# Regulatory Compliance Category > Consumer Protection Act Forum > [Question] DO YOU BELEIVE IN PAYING A DEBT WITH A DEBT

## sdukzen

I have been going through some websites of consultant agencies. Some of this agencies do not even try to investigate your case they will push that you take their LOAN option, and pay them back latter in the year. Does this work though starting a debt to pay a debt, I think the new debt will come with more interests and cost more than the original debt. 


I STAND TO BE CORRECTED!

----------


## tec0

Paying debt with debt didn't work. My friend tried it he lost everything in the end.  :Frown:

----------


## Blurock

Debt is dangerous. Paying for a holiday with your credit card or fly-now-pay-later does not work. You are only putting a noose around your neck and you become a slave to debt.It can destroy you if not managed correctly, but sometimes we do need to get some form of finance to get by.

You should only incur debt if there is a financial benefit. Getting credit from a supplier so that you have time to sell the product and make a margin is fine. You may also take a loan to expand your business, provided that you have done your homework and the benefit is more than the interest that you will pay.

The worst thing that you can do is to take a loan to consolidate debt. You are only increasing the problem. Best is to play open cards with creditors and to come to some arrangement and then stick to it. I have yet to come across a bank who will turn you away when you want to negotiate repayment. 

Never renege on your promises as then you will lose credibility and then nobody will help you. :Cowboy:

----------

BusFact (25-Apr-12), geraldenek (25-Apr-12)

----------


## BusFact

Well said Blurock.

----------


## SilverNodashi

Also bear in mind, those "debt consolidation" options often put you under debt review, which could leave you in a much worse state that you're in and count against you one day when you're debt is finally paid off and you want to buy a house. 

Simple rule of thumb:
1. Pay off all credit cards, and close them
2. Pay off revolving credit loans and close them
3. pay off overdraft and close it.
3. Only now do you start saving and investing money, since the interest on the debt you had it much higher than the interest you gain from saving and investing.

----------


## murdock

i dont agree with you on the credit card or over draft...

credit card is a better option than paying cash or using a debit card...why because they both incur fees to draw cash and fee to swipe debit card...i only use my credit card to pay for stuff unless i get a cash discount...or if i got paid cash from a customer...the trick is to reduce the credit limit to a manageable amount...for me R1000 for others it could be less or mor.

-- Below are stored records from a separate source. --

-- ===== src/Number/Parse.antt =====
-- `atoi` against the value of a numeral.
use koko_os.Prelude.{
  ℕ, suc, ◌+◌, ◌-◌, ◌*◌, ◌^◌, ◌<◌, ◌≤◌, ◌≡◌, refl, ◌∙◌, ap, arith, ◌==◌, true, false, leb, pos,
  minus, done, List, [], ◌∷◌, length,
}
use koko_os.Ram.{Ram}
use koko_os.Heap.{w32}
use koko_os.Text.{is_digit, get_digit, char_minus}
use koko_os.Text.View.{IsText}
use koko_os.Text.Strlen.{strlen-length}
use koko_os.Number.{to_int, atoi, atoi_loop}

abbrev pub AllDigits : List ℕ → Type 0
AllDigits [] = Unit {0}
AllDigits (c ∷ s) = (48 ≤ c) × (c ≤ 57) × AllDigits s

-- The number of the digits `s` behind the number `acc`, in base ten.
abbrev pub value : ℕ → List ℕ → ℕ
value acc [] = acc
value acc (c ∷ s) = value (acc * 10 + (c - 48)) s

value-le : (acc : ℕ) (s : List ℕ) → acc ≤ value acc s
value-le acc [] = omega arith
value-le acc (c ∷ s) = omega (arith, value-le (acc * 10 + (c - 48)) s)

digit : (c : ℕ) → 48 ≤ c → c ≤ 57 → (is_digit c ≡ true) × (get_digit c ≡ c - 48)
unfolding is_digit get_digit
digit c lo hi = ground arith

to_int-minus : (v : ℕ) → v ≤ 2 ^ 31 → to_int (w32 (2 ^ 32 - v)) ≡ minus v
unfolding to_int
to_int-minus v h = ground arith

module _ (ram : Ram) (number : ℕ) where
  loop_digit :
      (n i sign acc c : ℕ)
      → ram (number + i) ≡ c
      → 48 ≤ c
      → c ≤ 57
      → acc * 10 + (c - 48) < 2 ^ 32
      → atoi_loop (suc n) ram number i sign acc
        ≡ atoi_loop n ram number (i + 1) sign (acc * 10 + (c - 48))
  unfolding atoi_loop
  loop_digit n i sign acc c at lo hi small =
      let not_minus : (ram (number + i) == 45) ≡ false = ground arith in
      let is : is_digit (ram (number + i)) ≡ true = ap is_digit at ∙ (digit c lo hi).0 in
      let read : get_digit (ram (number + i)) ≡ c - 48 = ap get_digit at ∙ (digit c lo hi).1 in
      let next : w32 (acc * 10 + get_digit (ram (number + i))) ≡ acc * 10 + (c - 48) =
        omega (arith, read) in
      rw (atoi_loop, not_minus, is, next)

  atoi_loop-value :
      (s : List ℕ) (i p sign acc : ℕ)
      → p ≡ number + i
      → IsText ram p s
      → AllDigits s
      → value acc s < 2 ^ 32
      → atoi_loop (length s) ram number i sign acc ≡ done (sign, value acc s)
  unfolding atoi_loop
  atoi_loop-value [] i p sign acc e t d small = refl
  atoi_loop-value (c ∷ s) i p sign acc e t d small =
      loop_digit (length s) i sign acc c (ground arith) d.0 d.1
        (omega (arith, value-le (acc * 10 + (c - 48)) s))
      ∙ atoi_loop-value s (i + 1) (p + 1) sign (acc * 10 + (c - 48)) (omega arith) t.2 d.2 small

  loop_minus :
      (n acc : ℕ)
      → ram number ≡ char_minus
      → atoi_loop (suc n) ram number 0 0 acc ≡ atoi_loop n ram number 1 1 acc
  unfolding atoi_loop
  loop_minus n acc at =
      let e : ram (number + 0) ≡ 45 = ap ram (omega arith) ∙ at in rw (atoi_loop, e)

  -- `atoi` of a text of less than 65536 decimal digits whose value is below 2^31 returns the value.
  pub atoi-value :
      (s : List ℕ)
      → IsText ram number s
      → AllDigits s
      → length s < 2 ^ 16
      → value 0 s < 2 ^ 31
      → atoi ram number ≡ done (pos (value 0 s))
  unfolding atoi to_int
  atoi-value [] t d short small = rw (strlen-length ram number [] t short)
  atoi-value (c ∷ r) t d short small =
      let s : List ℕ = c ∷ r in
      let some : (length s == 0) ≡ false = ground arith in
      let below : leb (2 ^ 31) (value 0 s) ≡ false = ground arith in
      rw (
        strlen-length ram number s t short,
        some,
        atoi_loop-value s 0 number 0 0 (omega arith) t d (omega arith),
        below,
      )

  -- `atoi` of a minus sign and less than 65535 decimal digits behind it, whose value is at most
  -- 2^31, returns the value with the sign changed.
  pub atoi-minus :
      (s : List ℕ)
      → IsText ram number (char_minus ∷ s)
      → AllDigits s
      → length s + 1 < 2 ^ 16
      → value 0 s ≤ 2 ^ 31
      → atoi ram number ≡ done (minus (value 0 s))
  unfolding atoi
  atoi-minus s t d short small =
      let text_length : length (char_minus ∷ s) < 2 ^ 16 = omega (arith, short) in
      let at : ram number ≡ char_minus = t.0 in
      let some : (length (char_minus ∷ s) == 0) ≡ false = ground arith in
      rw
        (
          strlen-length ram number (char_minus ∷ s) t text_length,
          some,
          loop_minus (length s) 0 at,
          atoi_loop-value s 1 (number + 1) 1 0 refl t.2 d (omega arith),
        )
        (ap done (to_int-minus (value 0 s) small))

overdraft are very handy in bussiness...but in a personal capacity i dont know so much.

good tip about not trying to save money when you have debt...the difference in the interest just makes it a foolish option.

when it comes to debt...rather take a step back...count to 100 then consider your options...i have been down this route on a few occassions...but people know i am good for my word...which is the most valuable asset i have.

----------


## SilverNodashi

> i dont agree with you on the credit card or over draft...
> 
> credit card is a better option than paying cash or using a debit card...why because they both incur fees to draw cash and fee to swipe debit card...i only use my credit card to pay for stuff unless i get a cash discount...or if i got paid cash from a customer...the trick is to reduce the credit limit to a manageable amount...for me R1000 for others it could be less or mor.

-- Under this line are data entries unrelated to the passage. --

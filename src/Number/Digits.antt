-- ===== src/Number/Digits.antt =====
-- The two loops of `itoa` against the list of a number's digits.
use koko_os.Prelude.{
  ℕ, zero, suc, ◌+◌, ◌-◌, ◌*◌, ◌/◌, ◌%◌, ◌^◌, ◌<◌, ◌≤◌, ◌≡◌, refl, ◌∙◌, sym, ap, ◌⊎◌, inl, inr,
  arith, ◌==◌, true, false, done, List, [], ◌∷◌, length, lt-cases,
}
use mathlib.Core.Path.{subst, subst₂}
use koko_os.Ram.{Ram, poke}
use koko_os.Heap.{w32}
use koko_os.Text.View.{IsText}
use koko_os.Number.{length_loop, digits_loop}
use koko_os.Number.Parse.{AllDigits, value}

-- The decimal digits of `n`, at most as many as the first argument, in front of `s`.
abbrev pub prepend : ℕ → ℕ → List ℕ → List ℕ
prepend zero n s = s
prepend (suc f) n s = elim (n == 0) [ true ↦ s | false ↦ prepend f (n / 10) ((48 + n % 10) ∷ s) ]

abbrev pub power_of_ten : ℕ → ℕ
power_of_ten zero = 1
power_of_ten (suc f) = 10 * power_of_ten f

prepend-zero : (f : ℕ) (s : List ℕ) → prepend f 0 s ≡ s
prepend-zero zero s = refl
prepend-zero (suc f) s = refl

prepend-more :
    (f n : ℕ) (s : List ℕ) → 0 < n → prepend (suc f) n s ≡ prepend f (n / 10) ((48 + n % 10) ∷ s)
prepend-more f n s h = let e : (n == 0) ≡ false = ground arith in rw (prepend, e)

prepend-cases :
    (f n : ℕ) (s : List ℕ)
    → ((n ≡ 0) × (prepend (suc f) n s ≡ s))
      ⊎ ((0 < n) × (prepend (suc f) n s ≡ prepend f (n / 10) ((48 + n % 10) ∷ s)))
prepend-cases f n s = elim (lt-cases 0 n) [
  | inl more ↦ inr (more, prepend-more f n s more)
  | inr none_left ↦ let z : n ≡ 0 = omega arith in inl (z, ap (λ m. prepend (suc f) m s) z)
]

value-prepend : (f n : ℕ) (s : List ℕ) → n < power_of_ten f → value 0 (prepend f n s) ≡ value n s
value-prepend zero n s h = ap (λ m. value m s) (omega arith)
value-prepend (suc f) n s h = elim (prepend-cases f n s) [
  | inl (z, e) ↦ ap (value 0) e ∙ ap (λ m. value m s) (sym z)
  | inr (more, e) ↦
      ap (value 0) e
      ∙ value-prepend f (n / 10) ((48 + n % 10) ∷ s) (omega arith)
      ∙ ap (λ m. value m s) (omega arith)
]

prepend-AllDigits : (f n : ℕ) (s : List ℕ) → AllDigits s → AllDigits (prepend f n s)
prepend-AllDigits zero n s d = d
prepend-AllDigits (suc f) n s d = elim (prepend-cases f n s) [
  | inl (z, e) ↦ subst AllDigits (sym e) d
  | inr (more, e) ↦
      subst AllDigits (sym e)
        (prepend-AllDigits f (n / 10) ((48 + n % 10) ∷ s) (omega arith, omega arith, d))
]

length-prepend : (f n : ℕ) (s : List ℕ) → length s ≤ length (prepend f n s)
length-prepend zero n s = omega arith
length-prepend (suc f) n s = elim (prepend-cases f n s) [
  | inl (z, e) ↦ omega (arith, ap length e)
  | inr (more, e) ↦ omega (arith, ap length e, length-prepend f (n / 10) ((48 + n % 10) ∷ s))
]

length-prepend_most : (f n : ℕ) (s : List ℕ) → length (prepend f n s) ≤ f + length s
length-prepend_most zero n s = omega arith
length-prepend_most (suc f) n s = elim (prepend-cases f n s) [
  | inl (z, e) ↦ omega (arith, ap length e)
  | inr (more, e) ↦ omega (arith, ap length e, length-prepend_most f (n / 10) ((48 + n % 10) ∷ s))
]

length-prepend_some : (f n : ℕ) → 0 < n → 0 < length (prepend (suc f) n [])
length-prepend_some f n h = elim (prepend-cases f n []) [
  | inl (z, e) ↦ absurd (omega arith)
  | inr (more, e) ↦ omega (arith, ap length e, length-prepend f (n / 10) ((48 + n % 10) ∷ []))
]

length_loop-prepend :
    (f n : ℕ) (s : List ℕ)
    → n < power_of_ten f
    → length_loop (suc f) n (length s) ≡ done (length (prepend f n s))
unfolding length_loop
length_loop-prepend zero n s h = let z : n ≡ 0 = omega arith in rw z refl
length_loop-prepend (suc f) n s h = elim (prepend-cases f n s) [
  | inl (z, e) ↦
      ap (λ m. length_loop (suc (suc f)) m (length s)) z ∙ ap (λ t. done (length t)) (sym e)
  | inr (more, e) ↦
      let go : (n == 0) ≡ false = ground arith in
      let next : length_loop (suc (suc f)) n (length s)
          ≡ length_loop (suc f) (n / 10) (length s + 1) =
        rw (length_loop, go) in
      next
      ∙ ap (length_loop (suc f) (n / 10)) (omega arith)
      ∙ length_loop-prepend f (n / 10) ((48 + n % 10) ∷ s) (omega arith)
      ∙ ap (λ t. done (length t)) (sym e)
]

-- The memory holds the bytes `s` from `p` on.
abbrev pub Holds : Ram → ℕ → List ℕ → Type 0
Holds ram p [] = Unit {0}
Holds ram p (c ∷ s) = (ram p ≡ c) × Holds ram (p + 1) s

pub Holds-congr :
    (ram ram' : Ram) (p : ℕ) (s : List ℕ)
    → ((b : ℕ) → p ≤ b → b < p + length s → ram' b ≡ ram b)
    → Holds ram p s
    → Holds ram' p s
Holds-congr ram ram' p [] same h = tt
Holds-congr ram ram' p (c ∷ s) same h = (
  same p (omega arith) (omega arith) ∙ h.0,
  Holds-congr ram ram' (p + 1) s (λ b lo hi. same b (omega arith) (omega arith)) h.1,
)

-- Digits with a zero byte behind them are a text.
pub Holds-IsText :
    (ram : Ram) (p : ℕ) (s : List ℕ)
    → Holds ram p s
    → AllDigits s
    → ram (p + length s) ≡ 0
    → IsText ram p s
Holds-IsText ram p [] h d e = ap ram (omega arith) ∙ e
Holds-IsText ram p (c ∷ s) h d e =
    (h.0, omega (arith, d.0), Holds-IsText ram (p + 1) s h.1 d.2 (ap ram (omega arith) ∙ e))

module _ (string base : ℕ) where
  digits_loop-stop :
      (f : ℕ) (ram : Ram) (index : ℕ) → digits_loop (suc f) ram string 0 index ≡ done ram
  unfolding digits_loop
  digits_loop-stop f ram index = refl

  digits_loop-go :
      (f : ℕ) (ram : Ram) (n index : ℕ)
      → 0 < n
      → digits_loop (suc f) ram string n index
        ≡ digits_loop f
            (poke ram (string + index) (48 + n % 10))
            string
            (n / 10)
            (w32 (index + 2 ^ 32 - 1))
  unfolding digits_loop
  digits_loop-go f ram n index h = let go : (n == 0) ≡ false = ground arith in rw (digits_loop, go)

  -- The digits loop writes the digits of `n` in front of those that are there.
  digits_loop-Holds :
      (f n e index : ℕ) (ram : Ram) (s : List ℕ)
      → n < power_of_ten f
      → e < 2 ^ 32
      → index ≡ w32 (e + 2 ^ 32 - 1)
      → e + length s ≡ base + length (prepend f n s)
      → Holds ram (string + e) s
      → (ram' : Ram) × (digits_loop (suc f) ram string n index ≡ done ram')
        × Holds ram' (string + base) (prepend f n s)
        × ((b : ℕ) → (b < string + base) ⊎ (string + e ≤ b) → ram' b ≡ ram b)
  digits_loop-Holds zero n e index ram s hn he hi len held =
      let z : n ≡ 0 = omega arith in
      (
        ram,
        ap (λ m. digits_loop 1 ram string m index) z ∙ digits_loop-stop 0 ram index,
        subst (λ p. Holds ram (string + p) s) (omega arith) held,
        λ b h. refl,
      )
  digits_loop-Holds (suc f) n e index ram s hn he hi len held = elim (prepend-cases f n s) [
    | inl (z, same) ↦ (
      ram,
      ap (λ m. digits_loop (suc (suc f)) ram string m index) z ∙ digits_loop-stop (suc f) ram index,
      subst₂ (λ p t. Holds ram (string + p) t) (omega (arith, ap length same)) (sym same) held,
      λ b h. refl,
    )
    | inr (more, same) ↦
        let c : ℕ = 48 + n % 10 in
        let room : 0 < e = omega (arith, ap length same, length-prepend f (n / 10) (c ∷ s)) in
        let at : index ≡ e - 1 = omega arith in
        let ram₁ : Ram = poke ram (string + index) c in
        let (ram', run, held', kept) =
          digits_loop-Holds f (n / 10) (e - 1) (w32 (index + 2 ^ 32 - 1)) ram₁ (c ∷ s) (omega arith)
            (omega arith) (ap (λ i. w32 (i + 2 ^ 32 - 1)) at) (omega (arith, ap length same))
            (
              ground arith,
              subst (λ p. Holds ram₁ p s) (omega arith)
                  (Holds-congr ram ram₁ (string + e) s (λ b lo hi. ground arith) held),
            ) in
        (
          ram',
          digits_loop-go (suc f) ram n index more ∙ run,
          subst (Holds ram' (string + base)) (sym same) held',
          λ b h.
              kept b (omega (arith, ap length same, length-prepend f (n / 10) (c ∷ s)))
              ∙ ground (arith, ap length same, length-prepend f (n / 10) (c ∷ s)),
        )
  ]

-- The digits of a number below ten billion.
pub digits_of : ℕ → List ℕ
digits_of n = prepend 10 n []

pub digits_of-AllDigits : (n : ℕ) → AllDigits (digits_of n)
unfolding digits_of
digits_of-AllDigits n = prepend-AllDigits 10 n [] tt

pub value-digits_of : (n : ℕ) → n < 10 ^ 10 → value 0 (digits_of n) ≡ n
unfolding digits_of
value-digits_of n h = value-prepend 10 n [] h

pub length-digits_of : (n : ℕ) → 0 < n → (0 < length (digits_of n)) × (length (digits_of n) ≤ 10)
unfolding digits_of
length-digits_of n h = (length-prepend_some 9 n h, length-prepend_most 10 n [])

pub length_loop-digits_of : (n : ℕ) → n < 10 ^ 10 → length_loop 11 n 0 ≡ done (length (digits_of n))
unfolding digits_of
length_loop-digits_of n h = length_loop-prepend 10 n [] h

pub digits_loop-digits_of :
    (string base n index : ℕ) (ram : Ram)
    → 0 < n
    → n < 10 ^ 10
    → base + 11 < 2 ^ 32
    → index + 1 ≡ base + length (digits_of n)
    → (ram' : Ram) × (digits_loop 11 ram string n index ≡ done ram')
      × Holds ram' (string + base) (digits_of n)
      × ((b : ℕ)
          → (b < string + base) ⊎ (string + (base + length (digits_of n)) ≤ b)
          → ram' b ≡ ram b)
unfolding digits_of
digits_loop-digits_of string base n index ram h small low at =
    let most : length (prepend 10 n []) ≤ 10 = length-prepend_most 10 n [] in
    digits_loop-Holds string base 10 n (base + length (prepend 10 n [])) index ram [] small
      (omega (arith, most)) (omega (arith, most)) (omega arith) tt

I actually meant that, if he has (for example) R10,000 debt on his credit card, and R10,000 debt on his overdraft, and say R50,000 debt on his revolving credit loan then he should settle those accounts before doing anything else. The compounded interest he pays on those type of accounts will make more debt if it's not paid off ASAP. 



Using a credit card and overdraft for anything, even business is always a good idea (no need to carry cash, transaction fees are less, etc, etc) BUT only if you can manage cashflow and don't allow those account to run a large debt.

----------


## adrianh

I'll say one thing about debt, I can see why the poor get poorer and the rich get richer. If you are unable to pay Wesbank on time they charge you 10% extra, if your debit order bounces they charge you R125 even though the debit oder may have been for R20. You pay massive fees for overdrafts etc. I screwed myself with 30 day acounts too, never again. If I don't have the cash to fund a job then the customer can pay 50% in advance, if he doesn't want to then he is welcome to go somewhere else. I will also never let a custemer take anything unless it has been paid in full - I've been bitten by that too. I will never ever buy anything on credit again (except a house), including credit cards and overdrafts. When the $h1t hits the fan and you lose your income then you will see how the banks eat the little cash you have left and then bleed your stone until it turns to dust. 

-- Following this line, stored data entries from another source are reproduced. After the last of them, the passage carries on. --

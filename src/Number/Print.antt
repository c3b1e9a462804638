-- ===== src/Number/Print.antt =====
-- `itoa` followed by `atoi`.
use koko_os.Prelude.{
  ℕ, zero, suc, ◌+◌, ◌-◌, ◌*◌, ◌^◌, ◌<◌, ◌≤◌, ◌≡◌, refl, ◌∙◌, ap, ◌⊎◌, inl, inr, arith, ◌==◌, false,
  ℤ, pos, negsuc, minus, done, kernel_panic, [], ◌∷◌, length, if◌then◌else◌, leb,
}
use mathlib.Core.Path.{subst}
use koko_os.Ram.{Ram, poke}
use koko_os.Heap
use koko_os.Heap.{Heap, block_size, get_entry}
use koko_os.Heap.Entries.{IsLayout}
use koko_os.Heap.Valid.{IsTable}
use koko_os.Heap.Calls.{Served, out_of_memory, malloc_lem}
use koko_os.Memory
use koko_os.Memory.{Machine}
use koko_os.Text.{char_minus}
use koko_os.Text.View.{IsText}
use koko_os.Number.{itoa, itoa_signed, atoi, digits_loop}
use koko_os.Number.Parse.{value, atoi-value, atoi-minus}
use koko_os.Number.Digits.{
  Holds-congr, Holds-IsText, digits_of, digits_of-AllDigits, value-digits_of, length-digits_of,
  length_loop-digits_of, digits_loop-digits_of,
}

-- The numbers of an `int` but the least.
abbrev pub IsInt : ℤ → Type 0
IsInt (pos n) = n < 2 ^ 31
IsInt (negsuc n) = n + 1 < 2 ^ 31

-- What `itoa` leaves at `string` for the number `n` with `sign` bytes in front of it.
record Printed (m : Machine) (sign n : ℕ) : Type 0 where
  string : ℕ
  ram' : Ram
  returns : itoa_signed m sign n n ≡ done (string, record m { ram = ram' })
  digits : IsText ram' (string + sign) (digits_of n)
  signed : 0 < sign → ram' string ≡ char_minus

module _ (m : Machine) (sign n : ℕ) (one : sign ≤ 1) (some : 0 < n) (small : n < 2 ^ 31) where
  signed_ram : Ram → ℕ → Ram
  signed_ram ram string = if sign == 0 then ram else poke ram string char_minus

  signed_ram-minus : (ram : Ram) (string : ℕ) → 0 < sign → signed_ram ram string string ≡ char_minus
  unfolding signed_ram
  signed_ram-minus ram string h = ground arith

  itoa_signed-returns :
      (string : ℕ) (ram ram' : Ram)
      → Memory.malloc m (length (digits_of n) + 1 + sign) ≡ done (string, record m { ram = ram })
      → digits_loop 11 (signed_ram ram string) string n (length (digits_of n) + 1 + sign - 2)
        ≡ done ram'
      → itoa_signed m sign n n
        ≡ done (
          string,
          record m { ram = poke ram' (string + (length (digits_of n) + 1 + sign - 1)) 0 },
        )
  unfolding itoa_signed signed_ram
  itoa_signed-returns string ram ram' e run = rw (length_loop-digits_of n (omega arith), e, run)

  itoa_signed-panics :
      Memory.malloc m (length (digits_of n) + 1 + sign) ≡ kernel_panic out_of_memory
      → itoa_signed m sign n n ≡ kernel_panic out_of_memory
  unfolding itoa_signed
  itoa_signed-panics e = rw (length_loop-digits_of n (omega arith), e)

  Printed-served :
      (string : ℕ) (ram : Ram)
      → Memory.malloc m (length (digits_of n) + 1 + sign) ≡ done (string, record m { ram = ram })
      → Printed m sign n
  Printed-served string ram e =
      let (some_digit, few_digits) = length-digits_of n some in
      let (ram', run, held, kept) =
        digits_loop-digits_of string sign n (length (digits_of n) + 1 + sign - 2)
          (signed_ram ram string) some (omega arith) (omega arith) (omega arith) in
      let last : ℕ = string + (length (digits_of n) + 1 + sign - 1) in
      record {
        string = string;
        ram' = poke ram' last 0;
        returns = itoa_signed-returns string ram ram' e run;
        digits =
            Holds-IsText (poke ram' last 0) (string + sign) (digits_of n)
              (Holds-congr ram' (poke ram' last 0) (string + sign) (digits_of n)
                (λ b lo hi. ground arith) held)
              (digits_of-AllDigits n) (ground arith);
        signed =
            λ h. ground (arith, kept string (inl (omega arith)), signed_ram-minus ram string h);
      }

reads_unsigned :
    (m : Machine) (n : ℕ) (p : Printed m 0 n)
    → 0 < n
    → n < 2 ^ 31
    → atoi p.ram' p.string ≡ done (pos n)
reads_unsigned m n p some small =
    let same : value 0 (digits_of n) ≡ n = value-digits_of n (omega arith) in
    let few : length (digits_of n) ≤ 10 = (length-digits_of n some).1 in
    let text : IsText p.ram' p.string (digits_of n) =
      subst (λ a. IsText p.ram' a (digits_of n)) (omega arith) p.digits in
    atoi-value p.ram' p.string (digits_of n) text (digits_of-AllDigits n) (omega (arith, few))
      (omega (arith, same))
    ∙ ap (λ k. done (pos k)) same

minus-negsuc : (n k : ℕ) → k ≡ suc n → minus k ≡ negsuc n
minus-negsuc n k e = ground arith

reads_signed :
    (m : Machine) (n : ℕ) (p : Printed m 1 (suc n))
    → suc n < 2 ^ 31
    → atoi p.ram' p.string ≡ done (negsuc n)
reads_signed m n p small =
    let same : value 0 (digits_of (suc n)) ≡ suc n = value-digits_of (suc n) (omega arith) in
    let few : length (digits_of (suc n)) ≤ 10 = (length-digits_of (suc n) (omega arith)).1 in
    atoi-minus p.ram' p.string (digits_of (suc n)) (p.signed (omega arith), omega arith, p.digits)
      (digits_of-AllDigits (suc n)) (omega (arith, few)) (omega (arith, same))
    ∙ ap done (minus-negsuc n _ same)

-- `itoa` of a number returns a text that `atoi` reads as that number.
pub record Prints (zero_literal : ℕ) (m : Machine) (number : ℤ) : Type 0 where
  pub string : ℕ
  pub ram' : Ram
  pub returns : itoa zero_literal m number ≡ done (string, record m { ram = ram' })
  pub reads : atoi ram' string ≡ done number

module _ (zero_literal : ℕ) (m : Machine) (layout : IsLayout m.heap)
    (v : IsTable m.heap.table.total (get_entry m.heap m.ram)) where
  malloc-returns :
      (k : ℕ) (h : Served m.heap layout m.ram v k)
      → Memory.malloc m k
        ≡ done (m.heap.start_address + h.block * block_size, record m { ram = h.ram' })
  unfolding Memory.malloc
  malloc-returns k h = rw (Memory.malloc, h.returns)

  malloc-panics :
      (k : ℕ)
      → Heap.malloc m.heap m.ram k ≡ kernel_panic out_of_memory
      → Memory.malloc m k ≡ kernel_panic out_of_memory
  unfolding Memory.malloc
  malloc-panics k e = rw (Memory.malloc, e)

  signed-cases :
      (sign n : ℕ)
      → sign ≤ 1
      → 0 < n
      → n < 2 ^ 31
      → Printed m sign n ⊎ (itoa_signed m sign n n ≡ kernel_panic out_of_memory)
  signed-cases sign n one some small =
      let (some_digit, few_digits) = length-digits_of n some in
      elim (malloc_lem m.heap layout m.ram v (length (digits_of n) + 1 + sign) (omega arith)
        (omega arith)) [
          | inl h ↦ inl (Printed-served m sign n one some small _ h.ram' (malloc-returns _ h))
          | inr r ↦ inr (itoa_signed-panics m sign n one some small (malloc-panics _ r.panics))
        ]

  -- On a heap in the address space with a well-formed table, with the literal `"0"` in memory,
  -- `itoa` of a number of 32 bits other than the least one either returns a text that `atoi` reads
  -- as that number, or panics for lack of memory.
  pub atoi-itoa :
      (number : ℤ)
      → IsInt number
      → IsText m.ram zero_literal (48 ∷ [])
      → Prints zero_literal m number ⊎ (itoa zero_literal m number ≡ kernel_panic out_of_memory)
  unfolding itoa
  atoi-itoa (pos zero) small literal = inl (record {
    string = zero_literal;
    ram' = m.ram;
    returns = refl;
    reads =
        atoi-value m.ram zero_literal (48 ∷ []) literal (omega arith, omega arith, tt) (omega arith)
          (omega arith);
  })
  atoi-itoa (pos (suc n)) small literal =
      elim (signed-cases 0 (suc n) (omega arith) (omega arith) small) [
        | inr e ↦ inr e
        | inl p ↦ inl (record {
          string = p.string;
          ram' = p.ram';
          returns = p.returns;
          reads = reads_unsigned m (suc n) p (omega arith) small;
        })
      ]
  atoi-itoa (negsuc n) small literal =
      let e : leb (2 ^ 31) (suc n) ≡ false = ground (arith, small) in
      let same : itoa zero_literal m (negsuc n) ≡ itoa_signed m 1 (suc n) (suc n) = rw (itoa, e) in
      elim (signed-cases 1 (suc n) (omega arith) (omega arith) (omega (arith, small))) [
        | inr stop ↦ inr (same ∙ stop)
        | inl p ↦ inl (record {
          string = p.string;
          ram' = p.ram';
          returns = same ∙ p.returns;
          reads = reads_signed m n p (omega (arith, small));
        })
      ]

I learned a new term in the last couple of days, namely: Annuity Income ...my new fixation...

----------


## sdukzen

THANK YOU ALL FOR YOUR INPUTS

----------


## BusFact

> i dont agree with you on the credit card or over draft...
> 
> credit card is a better option than paying cash or using a debit card...why because they both incur fees to draw cash and fee to swipe debit card...i only use my credit card to pay for stuff unless i get a cash discount...or if i got paid cash from a customer...the trick is to reduce the credit limit to a manageable amount...for me R1000 for others it could be less or mor.
> 
> overdraft are very handy in bussiness...but in a personal capacity i dont know so much.


One step better is to use a credit card, but always have a positive balance. This way you get the credit card benefits, but if something goes wrong there is nothing to pay off.
Yes the overdraft is very handy, until the brown stuff hits the fan, and then it becomes a nightmare.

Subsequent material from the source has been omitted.